To download and print this information, please click here.
Exocrine pancreatic tumors in Dogs & Cats?
What are exocrine pancreatic tumors?
- The pancreas is a gland organ in the digestive and endocrine systems. It is both exocrine (secreting pancreatic juice containing digestive enzymes) and endocrine (producing several important hormones).
- Most pancreatic cancers are of epithelial origin and usually have metastasized to other organs by the time of diagnosis.
How common are pancreatic tumors?
Exocrine pancreatic cancer is very rare in dogs (<0.5% of all cancers) and uncommon in cats.
What are the symptoms pancreatic tumors in cats and dogs?
The symptoms of pancreatic cancer tend to be vague and nonspecific, including weight loss, anorexia, hair loss in cats, vomiting, abdominal distension due to mass effect, depression.
How is the diagnosis made?
- Most blood and biochemical evaluations are nonspecific, evaluation of pancreatic enzymes are not consistent and most tumors are not easily felt upon physical examination.
- Abdominal ultrasound can be a useful diagnostic tool for localization of the pancreatic tumor and evaluation whether the cancer spread to the liver and regional lymph nodes.
- Advanced imaging such as CT and MRI have not been fully evaluated for pets with pancreatic cancer but as they become more available, they may provide valuable assessment of the animals’ condition.

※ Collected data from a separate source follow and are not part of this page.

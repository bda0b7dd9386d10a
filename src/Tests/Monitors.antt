-- ===== src/Tests/Monitors.antt =====
use fnal_artdaq.Base.{
  List, ◌++◌, take, drop, length, replicate, Outcome, ◌==◌, Ends, ℕ, ◌≡◌, ◌≢◌, ◌≤◌, ◌<◌, ◌+◌, ◌%◌,
  ◌⊎◌, refl, List, [], ◌∷◌, ◌++◌, Bool, true, false, none, some, ok, arith, ◌>>=◌,
}
use fnal_artdaq.FragCounter.{size_t_mod}
use fnal_artdaq.EventStore.{EventStore, flush_data}
use fnal_artdaq.EventStore.Flush.{markers}
use fnal_artdaq.RHandles.Receive.{from}
use fnal_artdaq.Aggregator.{AggregatorCore}
use fnal_artdaq.Aggregator.SharedMemory.{
  Segment, Copied, fits, skips, noted, copy_fragment, receive_fragment,
}
use fnal_artdaq.Aggregator.Handover.{receive_fragment-copy_fragment}
use fnal_artdaq.Aggregator.Process.{Turn, Locals, true_data_sender_count, send_subrun}
use fnal_artdaq.Aggregator.Loop.{check_complete}
use fnal_artdaq.Aggregator.Closing.{send_subrun_lem, check_complete_lem}
use fnal_artdaq.Parameters.{found}
use fnal_artdaq.Parameters.Keeping.{Answered}
use fnal_artdaq.Aggregator.Clients.{Boost}
use fnal_artdaq.Aggregator.Configure.{initialize}
use fnal_artdaq.Aggregator.Configuring.{OneRole, initialize-OneRole}
use fnal_artdaq.Tests.Builders.{sample_sets}
use fnal_artdaq.Aggregator.Remote.{RemoteCall, send_pause_and_resume}
use fnal_artdaq.Aggregator.Remotely.{Reaches, send_pause_and_resume-Reaches}
use fnal_artdaq.Aggregator.Files.{OutputFile, is_output, latest_loop, latest_file_size}
use fnal_artdaq.Aggregator.Paths.{directory_of, before_slash}
use fnal_artdaq.Commandable
use fnal_artdaq.Commandable.Machine.{Command, Context, init, start, stop}
use fnal_artdaq.Commandable.Stack.{IsStacked}
use fnal_artdaq.Commandable.Sound.{IsSafe}
use fnal_artdaq.Aggregator.{no_segment}
use fnal_artdaq.Aggregator.App
use fnal_artdaq.Aggregator.App.{AggregatorApp, Environment}
use fnal_artdaq.Aggregator.Guards.{IsSound}
use fnal_artdaq.Aggregator.Session.{session, aggregator_session_lem}
use fnal_artdaq.Tests.Sample.{SampleFragment, SampleEvent, sample_core, sample_fragment}
use fnal_artdaq.Tests.Store.{two_open, second}

-- The other process leaves the segment alone.
abbrev alone : ℕ → Segment → Segment
alone n seg = seg

abbrev free : Segment
free = record { has_fragment = 0; fragment_size_words = 0; fragment_innards = replicate 99 7 }

abbrev not_copied : Copied
not_copied = record { fragment = false; esr = false; eod = false }

not_skipped : skips sample_core true not_copied (sample_fragment 1 1) ≡ false
unfolding skips
not_skipped = refl

small : fits sample_core 100 (sample_fragment 1 1) ≡ true
unfolding fits
small = refl

receive_fragment-copy_fragment_example :
    let (c', count', t) =
      copy_fragment sample_core alone 100 true (sample_fragment 1 1) 500000 not_copied 3 free in
    (g : SampleFragment) × (extra : List ℕ) × (receive_fragment sample_core alone 5 true t
      ≡ (from 5 g, record t { has_fragment = 0 }))
    × (g ≡ sample_core.of_words (sample_core.words (sample_fragment 1 1) ++ extra))
    × (extra ≡ take 3 (drop 7 free.fragment_innards))
    × (length extra ≡ 3)
    × (sample_core.type_code g ≡ 1)
    × (sample_core.sequence_id g ≡ 1)
    × (sample_core.fragment_id g ≡ 1)
    × (c' ≡ noted sample_core not_copied (sample_fragment 1 1))
    × (count' ≡ (3 + 1) % size_t_mod)
receive_fragment-copy_fragment_example =
    receive_fragment-copy_fragment sample_core alone alone 100 500000 5 3 (sample_fragment 1 1)
      not_copied free refl not_skipped (λ e. omega (arith, e)) small (omega arith)

abbrev Sample : Type 0
Sample = AggregatorCore Bool SampleFragment SampleEvent

-- The data logger of one event builder, which has rank 5.
abbrev logger : Sample
logger = record {
  mpi_rank = 6;
  run_id = 7;
  art_initialized = true;
  init_string = "";
  max_fragment_size_words = 100;
  mpi_buffer_count = 1;
  first_data_sender_rank = 1;
  data_sender_count = 1;
  expected_events_per_bunch = 3;
  print_event_store_stats = false;
  inrun_recv_timeout_usec = 1000;
  endrun_recv_timeout_usec = 2000;
  pause_recv_timeout_usec = 1500;
  onmon_event_prescale = 0;
  is_data_logger = true;
  is_online_monitor = false;
  receiver = none;
  event_store = some two_open;
  previous_pset = true;
  stop_requested = false;
  local_pause_requested = false;
  processing_fragments = true;
  event_count_in_run = 4;
  event_count_in_subrun = 4;
  subrun_start_time = 0;
  disk_writing_directory = "";
  xmlrpc_client_lists = [];
  file_close_threshold_bytes = 0;
  file_close_timeout_secs = 0;
  file_close_event_count = 0;
  system_pause_requested = false;
  pauses_started = 0;
  shm_segment = true;
  shm = some free;
  fragment_count_to_shm = 0;
}

abbrev turn : Turn SampleFragment
turn = record {
  cancels = λ n. true;
  polls = λ n. [];
  waited = record { which = none; source = 1; fragment = sample_fragment 1 1 };
  before = λ n seg. seg;
  others = λ n. alone;
  stop_before = false;
  pause_before = false;
  stop_after = false;
  pause_after = false;
  attempts = [];
  accepted = true;
  flushes = λ n. true;
  subrun_accepted = true;
  resumed = false;
  now = 10;
  latest_file_size = 0;
}

-- Two fragments received and two sent, with the message about the end of the subrun.
abbrev locals : Locals SampleFragment
locals = record {
  received = 0 ∷ 2 ∷ [];
  sent = 0 ∷ 2 ∷ [];
  eod_fragments_received = 1;
  end_subrun_msg = some second;
  copied = not_copied;
}

send_subrun_lem_sample :
    (t : EventStore SampleEvent) × (xs : List (ℕ × SampleEvent)) × (ys : List (ℕ × SampleEvent))
    × (e : SampleEvent) × (send_subrun sample_core turn second logger
        ≡ ok (record logger { event_store = some t }))
    × (xs ++ ys ≡ two_open.events)
    × (((flush_data sample_core (λ n. true) two_open).1 ≡ false) ⊎ (ys ≡ []))
    × (t.queue ≡ (two_open.queue ++ markers xs) ++ some e ∷ [])
    × (t.events ≡ ys)
    × (e.list ≡ second ∷ [])
    × (e.run ≡ 7)
    × (e.subrun ≡ 1)
send_subrun_lem_sample = send_subrun_lem sample_core turn second logger two_open refl

check_complete_lem_example :
    ((f : SampleFragment) × (locals.end_subrun_msg ≡ some f)
      × (true_data_sender_count logger ≤ 1)
      × ((true ≡ false) ⊎ (locals.received ≡ locals.sent))
      × (check_complete sample_core turn locals (logger, true) ≡ (
          send_subrun sample_core turn f logger >>= λ t.
          ok (record locals { end_subrun_msg = none }, (t, false)))))
    ⊎ ((check_complete sample_core turn locals (logger, true) ≡ ok (locals, (logger, true)))
        × ((locals.end_subrun_msg ≡ none)
            ⊎ ((1 < true_data_sender_count logger)
                ⊎ ((true ≡ true) × (locals.received ≢ locals.sent)))))
check_complete_lem_example = check_complete_lem sample_core turn locals logger refl

-- Nothing is split, and no number is read.
abbrev no_boost : Boost
no_boost = record { tokens = λ separator string. []; to_int = λ string. none }

initialize-OneRole_example :
    Ends (Answered OneRole) (initialize sample_sets (λ key p. found 100) no_boost true logger)
initialize-OneRole_example =
    initialize-OneRole sample_sets (λ key p. found 100) no_boost true logger refl

-- Two groups, and every other call is answered with success.
abbrev grouped : Sample
grouped = record logger {
  xmlrpc_client_lists = ("a" ∷ "b" ∷ []) ∷ ("c" ∷ []) ∷ [];
  system_pause_requested = true;
}

send_pause_and_resume-Reaches_example :
    let (calls, t) = send_pause_and_resume (λ n. n % 2 == 1) grouped in
    (pauses : List RemoteCall) × (resumes : List RemoteCall) × (calls ≡ pauses ++ resumes)
    × Reaches "daq.pause" ("a" ∷ "b" ∷ "c" ∷ []) pauses
    × Reaches "daq.resume" ("c" ∷ "a" ∷ "b" ∷ []) resumes
    × (t ≡ record grouped { system_pause_requested = false })
send_pause_and_resume-Reaches_example = send_pause_and_resume-Reaches (λ n. n % 2 == 1) grouped

-- The larger file is older, and the other file is no output of art.
abbrev listing : List OutputFile
listing =
    record { filename = "RootOutput-1.root"; last_write_time = 10; file_size = 900 }
    ∷ record { filename = "RootOutput-2.root"; last_write_time = 20; file_size = 100 }
    ∷ record { filename = "log"; last_write_time = 30; file_size = 5000 }
    ∷ []

latest_of_listing : latest_file_size (some listing) 40 "/data" ≡ 100
unfolding latest_file_size latest_loop is_output
latest_of_listing = refl

directory_of_file : directory_of "/data/run7/events.root" ≡ "/data/run7"
unfolding directory_of before_slash
directory_of_file = refl

abbrev meanwhile : Environment Bool SampleFragment SampleEvent
meanwhile = record {
  now = 10;
  attachment = no_segment;
  turns = record turn { stop_before = true; stop_after = true } ∷ [];
  data_answers = λ n. true;
  reader_result = 0;
  memory = logger;
}

abbrev orders : List (Environment Bool SampleFragment SampleEvent × Command Bool)
orders = (meanwhile, init true 1 2) ∷ (meanwhile, start 7 1 2) ∷ (meanwhile, stop 1 2) ∷ []

aggregator_session_lem_example :
    (y : Context (Outcome (AggregatorApp Bool SampleFragment SampleEvent))) × (session sample_core
        sample_sets
        (λ key p. found 100)
        no_boost
        (λ n. "7")
        orders
        (Commandable.new (record {
          external_request_status = true;
          report_string = "";
          members = ok (App.new 6 "agg");
        }))
      ≡ ok y)
    × IsStacked y
    × IsSafe IsSound (y.state, y.app)
aggregator_session_lem_example =
    aggregator_session_lem sample_core sample_sets (λ key p. found 100) no_boost (λ n. "7") 6 "agg"
      "" true orders
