-- ===== src/Tests/Products.antt =====
-- The products of an event with fragments of two types, and a map for one of them.
use Prim.Native.String.{String}
use text.Mathlib.Text.{◌==◌ as str_eq}
use fnal_artdaq.Base.{
  ℕ, ◌≡◌, refl, List, [], ◌∷◌, true, Option, none, some, ok, fault, out_of_bounds, ◌>>=◌,
  if◌then◌else◌, All, arith,
}
use fnal_artdaq.OrderedMap.{put}
use fnal_artdaq.RawEventQueueReader.Products.{FragmentTypes, lists, new, products}
use fnal_artdaq.RawEventQueueReader.Placing.{products_weight, IsNamed, products_lem}
use fnal_artdaq.Tests.Sample.{SampleFragment, SampleEvent, sample_core, sample_fragment}

abbrev types_in : List SampleFragment → List ℕ
types_in [] = []
types_in (f ∷ fs) = let rest = types_in fs in if lists f.kind rest then rest else f.kind ∷ rest

lists_here :
    (f : SampleFragment) (fs : List SampleFragment) → lists f.kind (types_in (f ∷ fs)) ≡ true
lists_here f fs = ground arith

lists_there :
    (t : ℕ) (f : SampleFragment) (fs : List SampleFragment)
    → lists t (types_in fs) ≡ true
    → lists t (types_in (f ∷ fs)) ≡ true
lists_there t f fs h = ground (arith, h)

types_in-lists :
    (fs : List SampleFragment) (ks : List ℕ)
    → ((t : ℕ) → lists t (types_in fs) ≡ true → lists t ks ≡ true)
    → All (λ f. lists f.kind ks ≡ true) fs
types_in-lists [] ks h = tt
types_in-lists (f ∷ fs) ks h =
    (h f.kind (lists_here f fs), types_in-lists fs ks λ t l. h t (lists_there t f fs l))

abbrev sample_types : FragmentTypes sample_core
sample_types = record {
  fragment_types = λ e. types_in e.list;
  fragment_types-lists = λ e. types_in-lists e.list (types_in e.list) λ t l. l;
}

abbrev of_kind : ℕ → ℕ → SampleFragment
of_kind kind id = record (sample_fragment 5 id) { kind = kind }

abbrev mixed : SampleEvent
mixed = record {
  run = 1;
  subrun = 1;
  seq = 5;
  list = of_kind 17 1 ∷ of_kind 3 2 ∷ of_kind 17 3 ∷ [];
}

abbrev to_short : String → Option ℕ
to_short s = if str_eq s "17" then some 17 else if str_eq s "273" then some 273 else none

-- The identifier 273 is taken for 17.
mappings :
    (new to_short none (some (("17" ∷ "A" ∷ []) ∷ ("x" ∷ "B" ∷ []) ∷ ("273" ∷ "C" ∷ []) ∷ []))
      >>= λ r. ok r.1)
    ≡ ok ((17, "C") ∷ [])
unfolding new put
mappings = refl

short_pair : (new to_short none (some (("17" ∷ []) ∷ [])) >>= λ r. ok r.1) ≡ fault out_of_bounds
unfolding new
short_pair = refl

products_lem_example :
    (products_weight sample_core
        (λ f. f.id)
        (products sample_core sample_types ((17, "C") ∷ []) mixed)
      ≡ 6)
    × All
        (IsNamed sample_core ((17, "C") ∷ []))
        (products sample_core sample_types ((17, "C") ∷ []) mixed)
products_lem_example = products_lem sample_core sample_types ((17, "C") ∷ []) mixed (λ f. f.id) refl
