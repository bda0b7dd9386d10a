-- ===== src/Tests/Readers.antt =====
use fnal_artdaq.Base.{
  ℕ, zero, suc, ◌%◌, ◌+◌, ◌≡◌, refl, List, [], ◌∷◌, ◌++◌, Bool, true, false, Option, none, some, ok,
  arith, length, All,
}
use fnal_artdaq.FragCounter.{size_t_mod}
use fnal_artdaq.Generator
use fnal_artdaq.Generator.{Generator, Effects, Virtuals, pos}
use fnal_artdaq.FragCounter.{inc_slot, slot_count, computed_slot}
use fnal_artdaq.FragCounter
use fnal_artdaq.SHandles
use fnal_artdaq.SHandles.{
  send_fragment, calc_dest, send_counted, send_frag_to, find_available, close, send_eods,
  send_eod_frag, wait_all,
}
use fnal_artdaq.SHandles.Closing.{CanSend, all_messages, eods}
use fnal_artdaq.BoardReader.{BoardReaderCore, process_fragments, begin, run, end, send_frags}
use fnal_artdaq.BoardReader.Sending.{yields, process_fragments_lem, sender_of, last_seq_id}
use fnal_artdaq.Tests.Sample.{SampleFragment, sample_core, sample_fragment}
use fnal_artdaq.Tests.Handles.{at_once, at_once-IsFair}

abbrev kept : Generator ℕ → ℕ → Effects ℕ
kept g n = record { new_derived = n; new_ev_counter = g.ev_counter; new_exception = g.exception }

-- As many calls of `getNext` yield one fragment each as the state says.
abbrev answer :
    ℕ → List SampleFragment → Generator ℕ → Option Bool × List SampleFragment × Effects ℕ
answer zero output g = (some false, output, kept g 0)
answer (suc n) output g = (some true, output ++ sample_fragment (n + 1) 4 ∷ [], kept g n)

abbrev counter : Virtuals ℕ SampleFragment
counter = record {
  get_next_ = λ output g. answer g.derived output g;
  start = λ g. ok (kept g 3);
  stop_no_mutex = λ g. ok (kept g (g.derived));
  stop = λ g. ok (kept g 0);
  pause_no_mutex = λ g. ok (kept g (g.derived));
  pause = λ g. ok (kept g 0);
  resume = λ g. ok (kept g 2);
}

abbrev reader : BoardReaderCore ℕ SampleFragment
reader = record {
  generator = some (Generator.new 2);
  run_id = 7;
  max_fragment_size_words = 100;
  mpi_buffer_count = 2;
  first_evb_rank = 5;
  evb_count = 3;
  rt_priority = pos 0;
  skip_seq_id_test = false;
  synchronous_sends = true;
  sender = none;
  fragment_count = 0;
  prev_seq_id = 0;
  stop_requested = false;
  pause_requested = false;
}

abbrev two : List SampleFragment
two = sample_fragment 2 4 ∷ sample_fragment 1 4 ∷ []

two-CanSend : All (CanSend sample_core 100) two
two-CanSend = (((λ e. omega (arith, e)), omega arith), (((λ e. omega (arith, e)), omega arith), tt))

two-yields : yields counter 3 (Generator.new 2) ≡ some (two, Generator.new 0)
unfolding yields Generator.get_next Generator.new
two-yields = refl

process_fragments_lem_example :
    process_fragments sample_core at_once 1 counter 3 reader
    ≡ ok (
      record reader {
        generator = some (Generator.new 0);
        sender = none;
        fragment_count = (0 + length two) % size_t_mod;
        prev_seq_id = last_seq_id sample_core 0 two;
      },
      all_messages sample_core (sender_of reader) two
          ++ eods sample_core (all_messages sample_core (sender_of reader) two) 3 5,
    )
process_fragments_lem_example =
    process_fragments_lem sample_core at_once 1 counter at_once-IsFair 3 (Generator.new 2)
      (Generator.new 0) two reader refl two-yields (omega arith) (omega arith) (omega arith)
      (omega arith) (λ n. omega arith) two-CanSend

-- The two fragments go to the ranks 2 % 3 + 5 and 1 % 3 + 5.
process_fragments_run :
    process_fragments sample_core at_once 1 counter 3 reader
    ≡ ok (
      record reader { generator = some (Generator.new 0); fragment_count = 2; prev_seq_id = 1 },
      (7, sample_fragment 2 4)
          ∷ (6, sample_fragment 1 4)
          ∷ (5, sample_core.eod_frag 0)
          ∷ (6, sample_core.eod_frag 1)
          ∷ (7, sample_core.eod_frag 1)
          ∷ [],
    )
unfolding process_fragments begin run end send_frags Generator.get_next Generator.new SHandles.new
    send_fragment calc_dest send_counted send_frag_to find_available close send_eods send_eod_frag
    wait_all FragCounter.new inc_slot slot_count computed_slot
process_fragments_run = refl
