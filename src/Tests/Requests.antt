-- ===== src/Tests/Requests.antt =====
-- Requests to the commander of a program whose parameter sets are numbers.
use Prim.Native.String.{String}
use text.Mathlib.Text.{◌==◌ as str_eq}
use fnal_artdaq.Base.{
  ℕ, ◌+◌, ◌≡◌, refl, ◌⊎◌, List, [], ◌∷◌, true, false, none, some, Outcome, ok, ◌>>=◌, if◌then◌else◌,
}
use fnal_artdaq.Generator.{pos, negsuc}
use fnal_artdaq.Commandable.Machine.{Command, Context}
use fnal_artdaq.Commandable.{new, report, reset_stats, run, legal_commands}
use fnal_artdaq.Commandable.Stack.{IsStacked}
use fnal_artdaq.Commandable.Legal.{listed}
use fnal_artdaq.Commander.{
  Value, int, string, other, got, threw, unknown, runtime_error, cet_exception, Libraries, Method,
  read_order, find_method,
}
use fnal_artdaq.Commander.Server.{
  Request, Event, arrives, served, Server, handle, serve_all, joined, exception_msg,
}
use fnal_artdaq.Commander.Serving.{accepted, serve_all-run}
use fnal_artdaq.Commander.Counting.{answered_to, waiting, serve_all-accounted}
use fnal_artdaq.Commander.Answers.{refused, handle-legal_commands}
use fnal_artdaq.Tests.Commands.{plain, plain-AllSucceed, idle, paused_now}

abbrev sample_libraries : Libraries ℕ
sample_libraries = record {
  to_uint64 = λ n. elim n [ pos k ↦ got k | negsuc k ↦ threw unknown ];
  to_run_number = λ s. if str_eq s "42" then got 42 else threw unknown;
  make_pset = λ s. if str_eq s "" then threw (cet_exception "no parameters\n") else got 7;
  no_int = λ args i. runtime_error "not an int";
  no_string = λ args i. runtime_error "not a string";
}

abbrev asks : Method → List Value → Request
asks m args = record { method = m; args = args }

abbrev start_server : Server (Unit {0})
start_server = record { application = new idle; holder = none; answers = [] }

abbrev crowd : List Event
crowd =
    arrives 1 (asks Method.init (string "daq: {}" ∷ int (pos 5) ∷ []))
    ∷ arrives 2 (asks Method.status [])
    ∷ served
    ∷ arrives 2 (asks Method.start (string "forty-two" ∷ []))
    ∷ served
    ∷ arrives 3 (asks Method.start (string "42" ∷ other ∷ []))
    ∷ served
    ∷ arrives 1 (asks Method.legal_commands [])
    ∷ []

abbrev seen : Outcome (Server (Unit {0})) → Outcome (List (ℕ × String))
seen r = r >>= λ s. ok s.answers

after_crowd :
    seen (serve_all sample_libraries plain report crowd start_server)
    ≡ ok (
        (3, "Success")
        ∷ (2, "Exception when trying to start the run: Unknown exception")
        ∷ (1, "Success")
        ∷ (2, "busy")
        ∷ [])
unfolding serve_all reset_stats report exception_msg new fnal_artdaq.Commandable.base
after_crowd = refl

joined_ready : joined ("start" ∷ "shutdown" ∷ []) ≡ "start shutdown  reset"
unfolding joined
joined_ready = refl

trims :
    exception_msg "no parameters\n" "start the run"
    ≡ "Exception when trying to start the run: no parameters"
unfolding exception_msg
trims = refl

found : find_method "daq.reset" ≡ some Method.reset
unfolding find_method
found = refl

serve_all-run_example :
    (t : Server (Unit {0})) × (serve_all sample_libraries plain report crowd start_server ≡ ok t)
    × (run plain (accepted sample_libraries plain report crowd none) (new idle) ≡ ok t.application)
    × IsStacked t.application
serve_all-run_example =
    serve_all-run sample_libraries plain report crowd start_server (unfold new in refl)

abbrev busy_now : Server (Unit {0})
busy_now = record {
  application = new idle;
  holder = some (4, asks Method.status []);
  answers = (1, "busy") ∷ [];
}

serve_all-accounted_example : answered_to 1 busy_now.answers + waiting 1 busy_now.holder ≡ 1
serve_all-accounted_example =
    serve_all-accounted sample_libraries plain report 1
      (arrives 4 (asks Method.status []) ∷ arrives 1 (asks Method.stop []) ∷ []) start_server
      busy_now (unfold serve_all in refl)

abbrev resume_request : Request
resume_request = asks Method.resume (other ∷ int (pos 9) ∷ [])

handle-legal_commands_example :
    ((listed "resume" (legal_commands paused_now) ≡ true)
      × ((y : Context (Unit {0})) × (handle sample_libraries plain report resume_request paused_now
            ≡ ok (y, "Success"))))
    ⊎ ((listed "resume" (legal_commands paused_now) ≡ false)
        × (handle sample_libraries plain report resume_request paused_now
            ≡ ok (
              refused sample_libraries plain report "resume" paused_now,
              report (refused sample_libraries plain report "resume" paused_now) "all",
            )))
handle-legal_commands_example =
    handle-legal_commands sample_libraries plain report plain-AllSucceed resume_request
      (Command.resume 45 9) paused_now refl (λ e. cc) (unfold read_order in refl)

Does cancer cause pain in pets?
- Pain is common in pets with cancer, with some tumors causing more pain than others. In addition to pain caused by the actual tumors, pets will also experience pain associated with cancer treatments such as surgery, radiation therapy or chemotherapy.
- Untreated pain decreases the pet’s quality of life, and prolongs recovery from the illness, treatment or injury. It is, therefore, essential that veterinary teams that are taking care of pets with cancer should also play a vital role in educating pet owners about recognizing and managing pain in their pets.
- The best way to manage cancer pain in pets is to prevent it, a term referred to as preemptive pain management. This strategy anticipates pain ahead of time and administers pain medication before the pet actually experiences pain, thus ensuring the pet’s maximum comfort.
How important is nutritional support for pets with cancer?
- Cancer cachexia (a term referring to progressive severe weight loss) is frequently observed in pets with cancer. Pets with cancer lose weight partly because of lack of appetite and partly because of cancer-induced altered metabolism.
- Some of the causes for decreased appetite are related to the cancer itself (for example, tumors may physically interfere with food chewing, swallowing, and digestion process) and some may be related to the side effects of cancer treatment (for example,
- some chemotherapy drugs cause nausea and vomiting, and radiation therapy can cause mouth inflammation).
- Proper nutrition while undergoing cancer treatment is essential to maintain your pet’s strength, improve survival times, quality of life and maximize response to therapy. Adequate nutritional support was shown to decrease the duration of hospitalization, reduce post-surgery complications and enhance the healing process.
- Additionally, pets with cancer need to be fed diets specifically designed to provide maximum benefit and nutritional support for the patient.
What are the treatment options for pancreatic cancer in cats and dogs?
- Most nonislet cell cancers in the pancreas metastasize to the regional lymph nodes and liver, or have become invasive at the time of diagnosis.
- If the cancer has spread, surgery is not typically performed. While surgical removal of the pancreas has been performed in both humans and dogs, it carries a high risk of morbidity and mortality without providing any significant cure benefit.
- If bowel obstruction is inevitable as the tumor grows, gastrointestinal bypass surgery may be a short-term option to reduce the severity of the disease.
- Chemotherapy and radiation have shown limited value for both humans and animals.
What is the prognosis for cats and dogs with pancreatic cancer?
- Unfortunately, the prognosis of pets (and humans) diagnosed with pancreatic cancer is very poor due to the critical location of the disease and the advanced stage typically seen at diagnosis.
- Regardless of treatment, one-year survival after diagnosis has not been reported.